» **Try it**
In the records below, find the line containing "unfolding check_health" and the line containing "well ↦ elim"; please repeat exactly the lines from one to the other, both included, and nothing more.
======== Source data
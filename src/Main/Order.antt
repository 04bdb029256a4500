-- ===== src/Main/Order.antt =====
-- What a run comes to: which processors run, and what is done to the storage after them.
use sprawler.Common.{
  String, ℕ, zero, suc, ◌≤◌, ◌<◌, ◌≡◌, refl, ap, ◌∙◌, true, false, List, [], ◌∷◌, ◌⊎◌, inl, inr,
  length, take, if◌then◌else◌, arith, Bool-cases, Option-cases,
}
use sprawler.Config.Defs.{Config}
use sprawler.Errors.{Reply-cases, GoError, api_error, fetched}
use sprawler.Storage.Files.{Machine, Handle, close_once, archive_database}
use sprawler.Main.Defs.{
  storage_config, Processor, Parts, Exit, finished, fatal, Fallible, or_fatal, check_health,
  run_processors, finalize_run, run_to_end, run_with, main,
}

module _ {S : Type 0} (m : Machine S) where
  close_once-closed : (h : Handle S) → (close_once m h).0.closed_once ≡ true
  unfolding close_once
  close_once-closed h = ground arith

  close_once_again : (h : Handle S) → h.closed_once ≡ true → (close_once m h).0 ≡ h
  unfolding close_once
  close_once_again h c = rw c

  archive_database-closed : (h : Handle S) → (archive_database m h).0.closed_once ≡ true
  unfolding archive_database
  archive_database-closed h = elim (Option-cases (close_once m h).1) [
    | inl none_there ↦ rw (none_there, archive_database) (close_once-closed h)
    | inr (e, failed) ↦ rw (failed, archive_database) (close_once-closed h)
  ]

-- The state after processors, one after the other.
abbrev pub process_all : {S : Type 0} → List (Processor S) → S → S
process_all [] s = s
process_all (p ∷ ps) s = process_all ps (p.process s).0

abbrev pub fresh_handle : {S : Type 0} → S → Handle S
fresh_handle s = record { closed_once = false; state = s }

module _ {S : Type 0} (parts : Parts S) where
  -- The first `k` processors run before the context ends, or all of them.
  pub record Ran (ps : List (Processor S)) (s : S) (k : ℕ) : Type 0 where
    pub enough : k ≤ length ps
    pub undisturbed : (j : ℕ) → j < k → parts.interrupted (process_all (take j ps) s) ≡ false
    pub ran : run_processors parts ps s ≡ process_all (take k ps) s
    pub ended : (k ≡ length ps) ⊎ (parts.interrupted (process_all (take k ps) s) ≡ true)

  first-undisturbed :
      (p : Processor S) (ps : List (Processor S)) (s : S) (k : ℕ)
      → parts.interrupted s ≡ false
      → ((j : ℕ) → j < k → parts.interrupted (process_all (take j ps) (p.process s).0) ≡ false)
      → (j : ℕ) → j < suc k
      → parts.interrupted (process_all (take j (p ∷ ps)) s) ≡ false
  first-undisturbed p ps s k h later zero lt = h
  first-undisturbed p ps s k h later (suc j) lt = later j (omega arith)

  stopped :
      (p : Processor S) (ps : List (Processor S)) (s : S)
      → parts.interrupted s ≡ true
      → run_processors parts (p ∷ ps) s ≡ s
  unfolding run_processors
  stopped p ps s h = rw h

  goes_on :
      (p : Processor S) (ps : List (Processor S)) (s : S)
      → parts.interrupted s ≡ false
      → run_processors parts (p ∷ ps) s ≡ run_processors parts ps (p.process s).0
  unfolding run_processors
  goes_on p ps s h = rw h

  run_processors-Ran : (ps : List (Processor S)) (s : S) → (k : ℕ) × Ran ps s k
  run_processors-Ran [] s = (
    0,
    record {
      enough = omega arith;
      undisturbed = λ j lt. absurd (omega arith);
      ran = unfold run_processors in refl;
      ended = inl refl;
    },
  )
  run_processors-Ran (p ∷ ps) s = elim (Bool-cases (parts.interrupted s)) [
    | inl over ↦ (
      0,
      record {
        enough = omega arith;
        undisturbed = λ j lt. absurd (omega arith);
        ran = stopped p ps s over;
        ended = inr over;
      },
    )
    | inr on ↦
        let (k, r) = run_processors-Ran ps (p.process s).0 in
        (
          suc k,
          record {
            enough = omega (arith, r.enough);
            undisturbed = first-undisturbed p ps s k on r.undisturbed;
            ran = goes_on p ps s on ∙ r.ran;
            ended = elim r.ended [ inl e ↦ inl (ap suc e) | inr e ↦ inr e ];
          },
        )
  ]

  -- What is left of a run whose processors have come to a state.
  abbrev pub left_by : S → S
  left_by s =
      if parts.interrupted s
      then (close_once parts.machine (fresh_handle s)).0.state
      else (archive_database parts.machine (fresh_handle (parts.mark_run_completed s).0)).0.state

  run_to_end-left_by :
      (ps : List (Processor S)) (s : S)
      → run_to_end parts ps s ≡ (left_by (run_processors parts ps s), finished)
  unfolding run_to_end finalize_run
  run_to_end-left_by ps s =
      let r = run_processors parts ps s in
      elim (Bool-cases (parts.interrupted r)) [
        | inl over ↦ rw over
        | inr on ↦
            let h =
              (archive_database parts.machine (fresh_handle (parts.mark_run_completed r).0)).0 in
            let c : h.closed_once ≡ true =
              archive_database-closed parts.machine (fresh_handle (parts.mark_run_completed r).0) in
            rw on (
              ap (λ (x : Handle S). (x.state, finished))
                (ap (λ (x : Handle S). (close_once parts.machine x).0)
                    (close_once_again parts.machine h c)
                  ∙ close_once_again parts.machine h c))
      ]

  run_to_end-Ran :
      (ps : List (Processor S)) (s : S)
      → (k : ℕ) × Ran ps s k
        × (run_to_end parts ps s ≡ (left_by (process_all (take k ps) s), finished))
  run_to_end-Ran ps s =
      let (k, r) = run_processors-Ran ps s in
      (k, r, run_to_end-left_by ps s ∙ ap (λ t. (left_by t, finished)) r.ran)

  -- The state in which the processors are checked: storage, two clients and the status are there.
  abbrev pub prepared : Config → S → S
  prepared cfg s =
      (parts.initialize_run_status
        (parts.new_client cfg
          (parts.new_client cfg (parts.new_storage (storage_config cfg.database) s).0).0).0).0

  abbrev pub IsFatal : S × Exit → Type 0
  IsFatal r = (text : String) × (e : GoError) × (r.1 ≡ fatal text e)

  -- A call ends the program, or the rest goes on after it.
  or_fatal-cases :
      (text : String) (call : Fallible S) (rest : S → S × Exit) (s : S)
      → IsFatal (or_fatal text call rest s) ⊎ (or_fatal text call rest s ≡ rest (call s).0)
  unfolding or_fatal
  or_fatal-cases text call rest s = elim (Option-cases (call s).1) [
    | inl done ↦ inr (rw (done, or_fatal))
    | inr (e, failed) ↦ inl (text, e, rw (failed, or_fatal))
  ]

  check_health-cases :
      (ps : List (Processor S)) (rest : S → S × Exit) (s : S)
      → IsFatal (check_health ps rest s) ⊎ (check_health ps rest s ≡ rest s)
  unfolding check_health
  check_health-cases [] rest s = inr refl
  check_health-cases (p ∷ ps) rest s = elim (Option-cases (p.health s)) [
    | inl well ↦ elim (check_health-cases ps rest s) [
      | inl (text, e, h) ↦ inl (text, e, rw (well, check_health) h)
      | inr h ↦ inr (rw (well, check_health) h)
    ]
    | inr (e, ill) ↦ inl ("Health check failed", e, rw (ill, check_health))
  ]

  ends_or_goes_on :
      {r t u : S × Exit} → IsFatal r ⊎ (r ≡ t) → IsFatal t ⊎ (t ≡ u) → IsFatal r ⊎ (r ≡ u)
  ends_or_goes_on (inl f) next = inl f
  ends_or_goes_on (inr e) (inl f) = inl (f.0, f.1, ap (λ r. r.1) e ∙ f.2)
  ends_or_goes_on (inr e) (inr h) = inr (e ∙ h)

  run_with-cases :
      (cfg : Config) (s : S)
      → IsFatal (run_with parts cfg s)
        ⊎ (run_with parts cfg s ≡ run_to_end parts (parts.processors cfg) (prepared cfg s))
  unfolding run_with
  run_with-cases cfg s =
      let ps = parts.processors cfg in
      let s1 = (parts.new_storage (storage_config cfg.database) s).0 in
      let s2 = (parts.new_client cfg s1).0 in
      let s3 = (parts.new_client cfg s2).0 in
      let to_end = check_health ps (run_to_end parts ps) in
      let status_on =
        or_fatal "Failed to initialize run status" parts.initialize_run_status to_end in
      let od_on =
        or_fatal "Failed to create OneDrive API client" (parts.new_client cfg) status_on in
      let sp_on = or_fatal "Failed to create SharePoint API client" (parts.new_client cfg) od_on in
      ends_or_goes_on
        (or_fatal-cases "Failed to initialize storage"
          (parts.new_storage (storage_config cfg.database)) sp_on s)
        (ends_or_goes_on
          (or_fatal-cases "Failed to create SharePoint API client" (parts.new_client cfg) od_on s1)
          (ends_or_goes_on
            (or_fatal-cases "Failed to create OneDrive API client" (parts.new_client cfg) status_on
              s2)
            (ends_or_goes_on
              (or_fatal-cases "Failed to initialize run status" parts.initialize_run_status to_end
                s3)
              (check_health-cases ps (run_to_end parts ps) (prepared cfg s)))))

  main-loaded :
      (cfg : Config) (s : S) → parts.load_config ≡ fetched cfg → main parts s ≡ run_with parts cfg s
  unfolding main
  main-loaded cfg s got = rw got

  main-lost :
      (e : GoError) (s : S)
      → parts.load_config ≡ api_error e
      → main parts s ≡ (s, fatal "Failed to load configuration" e)
  unfolding main
  main-lost e s lost = rw lost

  -- A run of the program ends with a fatal error, or it has a configuration and goes, whatever
  -- the processors give and leave, through the first `k` of them, where `k` is the first place at
  -- which the context has ended, or through all. If the context has ended then, the store is
  -- closed, and nothing is marked or archived; if not, all processors have run, the run is marked
  -- as completed, and the database is closed once, with its archiving attempted. No result of a
  -- processor and no error of the mark changes this.
  pub main-Ran :
      (s : S)
      → IsFatal (main parts s)
        ⊎ ((cfg : Config) × (k : ℕ) × (parts.load_config ≡ fetched cfg)
            × Ran (parts.processors cfg) (prepared cfg s) k
            × (main parts s ≡ (
              left_by (process_all (take k (parts.processors cfg)) (prepared cfg s)),
              finished,
            )))
  main-Ran s = elim (Reply-cases parts.load_config) [
    | inl (e, lost) ↦ inl ("Failed to load configuration", e, ap (λ r. r.1) (main-lost e s lost))
    | inr (cfg, got) ↦ elim (run_with-cases cfg s) [
      | inl (text, e, f) ↦ inl (text, e, ap (λ r. r.1) (main-loaded cfg s got) ∙ f)
      | inr goes ↦
          let (k, r, e) = run_to_end-Ran (parts.processors cfg) (prepared cfg s) in
          inr (cfg, k, got, r, main-loaded cfg s got ∙ goes ∙ e)
    ]
  ]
================
» **Output below**
  unfolding check_health
  check_health-cases [] rest s = inr refl
  check_health-cases (p ∷ ps) rest s = elim (Option-cases (p.health s)) [
    | inl well ↦ elim (check_health-cases ps rest s) [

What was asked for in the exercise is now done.